I agree 100 percent on what you say and I just remembered that years ago I also made a donation to Phil by PayPal when he first mentioned about running costs etc, it slipped my mind. I don't mind making a donation as I did but the full  membership thing just isn't for me ! I use my own spots like I say which works for me. Regards Tom


----------



## runnach (Jun 13, 2013)

Im not even sure why we are discussing this, please remember this thread was started by a member, and NOT Phil.

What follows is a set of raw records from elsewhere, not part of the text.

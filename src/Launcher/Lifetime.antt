-- ===== src/Launcher/Lifetime.antt =====
-- The apps of one launcher over any events.
use kestrel_feature_mcp.Prelude.{
  ℕ, Bool, true, false, ◌≡◌, refl, not, ◌&&◌, ◌||◌, Option, none, some, List, [], ◌∷◌, ◌++◌, all,
  nat_eq, arith, if◌then◌else◌,
}
use kestrel_feature_mcp.Launcher.{
  Launcher, Effect, opened, disposed, unconfirmed, failed, Event, open_click, close_click,
  bus_event, retirement, settlement, is_open, mounted, open_app, close_app, settle_disposal, step,
  follow,
}

-- The app that is alive after some effects; `none` if one was opened beside another, or one disposed
-- of that was not alive.
abbrev pub alive : Option ℕ → List Effect → Option (Option ℕ)
alive app [] = some app
alive none (opened a ∷ es) = alive (some a) es
alive (some b) (opened a ∷ es) = none
alive none (disposed a ∷ es) = none
alive (some b) (disposed a ∷ es) = if nat_eq b a then alive none es else none
alive app (unconfirmed ∷ es) = alive app es
alive app (failed e ∷ es) = alive app es

-- The buttons say what can be done: an app that is open can be closed, and none is open while a
-- disposal is pending, or after retirement.
abbrev pub IsConsistent : Launcher → Type 0
IsConsistent s =
    (s.close_hidden ≡ not (is_open s.app))
    × ((is_open s.app && (s.closing || s.retired)) ≡ false)
    × (s.listening ≡ not s.retired)
    × ((not (s.closing || is_open s.app) || s.disabled) ≡ true)

abbrev pub opens_nothing : Effect → Bool
opens_nothing (opened a) = false
opens_nothing e = true

opens_nothing-append :
    (xs ys : List Effect)
    → all opens_nothing xs ≡ true
    → all opens_nothing ys ≡ true
    → all opens_nothing (xs ++ ys) ≡ true
opens_nothing-append [] ys h k = k
opens_nothing-append (x ∷ xs) ys h k = ground (arith, opens_nothing-append xs ys)

-- A retired launcher without an app.
abbrev IsRetired : Launcher → Type 0
IsRetired s = (s.retired ≡ true) × (s.listening ≡ false) × (s.app ≡ none)

step-IsRetired :
    (s : Launcher) (e : Event)
    → IsRetired s
    → IsRetired (step s e).0 × (all opens_nothing (step s e).1 ≡ true)
unfolding step open_app mounted close_app settle_disposal
step-IsRetired s (open_click current result) r = ground arith
step-IsRetired s close_click r = ground arith
step-IsRetired s bus_event r = ground arith
step-IsRetired s retirement r = ground arith
step-IsRetired s (settlement fulfilled) r = ground arith

follow-IsRetired :
    (s : Launcher) (events : List Event)
    → IsRetired s
    → IsRetired (follow s events).0 × (all opens_nothing (follow s events).1 ≡ true)
unfolding follow
follow-IsRetired s [] r = (r, refl)
follow-IsRetired s (e ∷ events) r =
    let (still, quietly) = step-IsRetired s e r in
    let (later, silent) = follow-IsRetired (step s e).0 events still in
    (later, opens_nothing-append (step s e).1 _ quietly silent)

retires : (s : Launcher) → IsRetired (step s retirement).0
unfolding step close_app
retires s = ground arith

-- Retirement is final: after it, from any state and whatever happens, no app is opened and none is
-- held.
pub follow_retired :
    (s : Launcher) (events : List Event)
    → (all opens_nothing (follow (step s retirement).0 events).1 ≡ true)
      × ((follow (step s retirement).0 events).0.app ≡ none)
follow_retired s events =
    let ((_, _, gone), silent) = follow-IsRetired (step s retirement).0 events (retires s) in
    (silent, gone)
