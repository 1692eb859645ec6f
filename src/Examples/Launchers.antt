-- ===== src/Examples/Launchers.antt =====
-- The launcher at a run with two apps.
use kestrel_feature_mcp.Prelude.{true, ◌≡◌, refl, none, List, [], ◌∷◌, ok, all, false}
use kestrel_feature_mcp.Value.{obj, field, end, str}
use kestrel_feature_mcp.Launcher.{
  Event, open_click, close_click, retirement, settlement, opened, disposed, unconfirmed, unopened,
  step, follow, open_app, mounted, close_app, settle_disposal, render,
}
use kestrel_feature_mcp.Launcher.Lifetime.{opens_nothing, follow_retired}

abbrev events : List Event
events =
    open_click true (ok 1)
    ∷ open_click true (ok 2)
    ∷ close_click
    ∷ open_click true (ok 3)
    ∷ settlement false
    ∷ open_click true (ok 4)
    ∷ retirement
    ∷ []

follows :
    (follow unopened events).1 ≡ opened 1 ∷ disposed 1 ∷ unconfirmed ∷ opened 4 ∷ disposed 4 ∷ []
unfolding follow step open_app mounted close_app settle_disposal
follows = refl

renders_nothing :
    render (obj (field "reference" (str "short") (field "session_id" (str "s") end))) "s" true
    ≡ "<p>App unavailable for this conversation.</p>"
unfolding render
renders_nothing = refl

follow_retired_example :
    (all opens_nothing (follow (step unopened retirement).0 events).1 ≡ true)
    × ((follow (step unopened retirement).0 events).0.app ≡ none)
follow_retired_example = follow_retired unopened events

Overall fwiw dont try and fix what isnt broken 

Channa


----------



## rhubarb93 (Jun 13, 2013)

As I have told Phil, I have chosen not to be a full member this year as we are new to campervanning and will warm up on small ("certificated") sites this year, but if we enjoy it, may well get into wildcamping next season. Like the idea of it, just not sure how it would be in reality. 
My problem is I am a bit of a techno-dinosaur. Do not have GPS, satnav or even a smart phone, so not sure how much use POI would be to me.


----------



## Fazerloz (Jun 13, 2013)

As refered to by some, the tosser, the northern lad, is this thread mainly designed to get rid of one person and in doing so deny access to many others that contrbute. Just dont raise to the bait, if you were fish youd be wrapped in batter along time ago. Love them or hate them they are entitled to their opinions.  You never know some full member may then pickup the baton,then what do you do. May be better the devil you know.  :hammer:


----------



## Smaug (Jun 13, 2013)

FWIW I tried several fora before coming here, many only allowed a handful of posts before having to pay which was really frustrating as it ended up that I couldn't answer problems unless I paid!!! So I left before getting to know anyone. Other ones insisted on payment first  no-way I was going to join them. I was allowed to stay on here as a freebie for a year with no problems & that helped me to feel part of the group.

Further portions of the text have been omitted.